The sound of a racking shot gun tells me several things. That you are armed, so my awareness level goes to 25 on the 1 to 10 scale; and also it tells me where you are. 
Just as a flashlight or weapon light tells me exactly where you are.


----------



## Kauboy (May 12, 2014)

Sasquatch said:


> Have both but I gotta say there is no other definitive sound that strikes terror into someone as the sound of pumping a shotgun.


I can think of one that strikes more fear into the holder of said shotgun... a shell falling on the floor.

Revealing your location via sound is an invitation to receive blind fire.
The only sound he needs to hear is the rapid expansion of burning gunpower and hot lead.


----------



## rice paddy daddy (Jul 17, 2012)

Kauboy said:


> I can think of one that strikes more fear into the holder of said shotgun... a shell falling on the floor.
> 
> Revealing your location via sound is an invitation to receive blind fire.
> The only sound he needs to hear is the rapid expansion of burning gunpower and hot lead.


And if you hit squarely, he will never even hear it.


----------



## Kauboy (May 12, 2014)

rice paddy daddy said:


> The sound of a racking shot gun tells me several things. That you are armed, so my awareness level goes to 25 on the 1 to 10 scale; and also it tells me where you are.
> Just as a flashlight or weapon light tells me exactly where you are.


Using the wrong flashlight/weapon light is a big mistake.
Using none at all can lead to an even bigger mistake. (I've got two little ones)

You make a noise in my house in the dead of night, you are first blinded by sunlight, then if necessary, wounded by gunfire.


----------



## TacticalCanuck (Aug 5, 2014)

Short barrel shotgun. If using were legal of course.














Something like that.


----------



## Spice (Dec 21, 2014)

HuntingHawk said:


> Something not addressed is getting woke up from a noise & being half awake. How's that work for sighting a handgun?

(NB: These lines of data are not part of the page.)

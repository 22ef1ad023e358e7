-- ===== src/Net/Checksum/Put.antt =====
-- A 16-bit field stored in a frame, and how it changes the plain sums.
use qore_os.Base.{
  ℕ, zero, suc, ◌+◌, ◌*◌, ◌/◌, ◌%◌, ◌≤◌, ◌<◌, ◌≡◌, ◌≢◌, ◌∙◌, ◌⊎◌, ◌==◌, List, arith, inl, inr,
  Bool-cases, length, get_or, set, length-set, get_or-set_self, get_or-set_ne, ==→eq, ==→ne,
}
use qore_os.Net.{put16}
use qore_os.Net.Receiver.{plain, pair, plain_ext, IsFrame}

pub length-put16 : (f : List ℕ) (k v : ℕ) → length (put16 f k v) ≡ length f
length-put16 f k v =
    length-set (set f k (v / 256 % 256)) (k + 1) (v % 256) ∙ length-set f k (v / 256 % 256)

pub get_or-put16_ne :
    (f : List ℕ) (k v j : ℕ) → j ≢ k → j ≢ k + 1 → get_or (put16 f k v) j 0 ≡ get_or f j 0
get_or-put16_ne f k v j p q =
    get_or-set_ne (set f k (v / 256 % 256)) (k + 1) j (v % 256) 0 (omega arith)
    ∙ get_or-set_ne f k j (v / 256 % 256) 0 (omega arith)

put16_first : (f : List ℕ) (k v : ℕ) → k + 1 < length f → get_or (put16 f k v) k 0 ≡ v / 256 % 256
put16_first f k v h =
    get_or-set_ne (set f k (v / 256 % 256)) (k + 1) k (v % 256) 0 (omega arith)
    ∙ get_or-set_self f k (v / 256 % 256) 0 (omega arith)

put16_second : (f : List ℕ) (k v : ℕ) → k + 1 < length f → get_or (put16 f k v) (k + 1) 0 ≡ v % 256
put16_second f k v h =
    get_or-set_self (set f k (v / 256 % 256)) (k + 1) (v % 256) 0
      (omega (arith, length-set f k (v / 256 % 256)))

pub pair-put16 : (f : List ℕ) (k v : ℕ) → k + 1 < length f → v < 65536 → pair (put16 f k v) k ≡ v
pair-put16 f k v h small = omega (arith, put16_first f k v h, put16_second f k v h)

pub put16-IsFrame : (f : List ℕ) (k v : ℕ) → k + 1 < length f → IsFrame f → IsFrame (put16 f k v)
put16-IsFrame f k v h b j = elim (Bool-cases (j == k)) [
  | inl e ↦ rw (==→eq j k e) (omega (arith, put16_first f k v h))
  | inr n ↦ elim (Bool-cases (j == k + 1)) [
    | inl e ↦ rw (==→eq j (k + 1) e) (omega (arith, put16_second f k v h))
    | inr o ↦ rw (get_or-put16_ne f k v j (==→ne j k n) (==→ne j (k + 1) o)) (b j)
  ]
]

-- A field outside the words that are summed does not count.
pub plain-put16_out :
    (f : List ℕ) (k v n i : ℕ)
    → (k + 2 ≤ i) ⊎ (i + 2 * n ≤ k)
    → plain (put16 f k v) n i ≡ plain f n i
plain-put16_out f k v n i h =
    plain_ext (put16 f k v) f n i i λ j l. get_or-put16_ne f k v (i + j) (omega arith) (omega arith)

-- A field that is one of the words, the `a`-th, counts instead of what stood there.
pub plain-put16 :
    (f : List ℕ) (k v n i a : ℕ)
    → k ≡ i + 2 * a
    → a < n
    → k + 1 < length f
    → v < 65536
    → plain (put16 f k v) n i + pair f k ≡ plain f n i + v
unfolding plain
plain-put16 f k v zero i a e h room small = absurd (omega arith)
plain-put16 f k v (suc n) i zero e h room small =
    let at : i ≡ k = omega arith in
    rw at (
      omega
        (arith, pair-put16 f k v room small, plain-put16_out f k v n (k + 2) (inl (omega arith))))
plain-put16 f k v (suc n) i (suc a) e h room small = omega (
  arith,
  get_or-put16_ne f k v i (omega arith) (omega arith),
  get_or-put16_ne f k v (i + 1) (omega arith) (omega arith),
  plain-put16 f k v n (i + 2) a (omega arith) (omega arith) room small,
)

If I am not awake enough to hit a guy across the room from me, I'm not awake enough to be sure of my target, so I've got no business putting finger to trigger. That said, nothing like a shot of adrenaline to give you that GOOD MORNING alertness.

Also: With a handgun, I can squat low and peek around corners if necessary. People are biased to look at 'human height' and will often not notice things lower nearly as quickly. Or so a combat veteran told me.


----------



## Prepadoodle (May 28, 2013)

The best weapon for home defense is the one you can get to in a hurry. Break in while I'm in the bathroom, you will be facing a .22. If I'm in bed, my 45 is handy and the GF has a 12 gauge on her side. If I'm at my computer, you face the AR-15, and so on.

As far as sighting when half asleep... really no need to use the sights. We aren't talking 25 yards here, more like 15 or 20 feet. At that range, it's just point n shoot.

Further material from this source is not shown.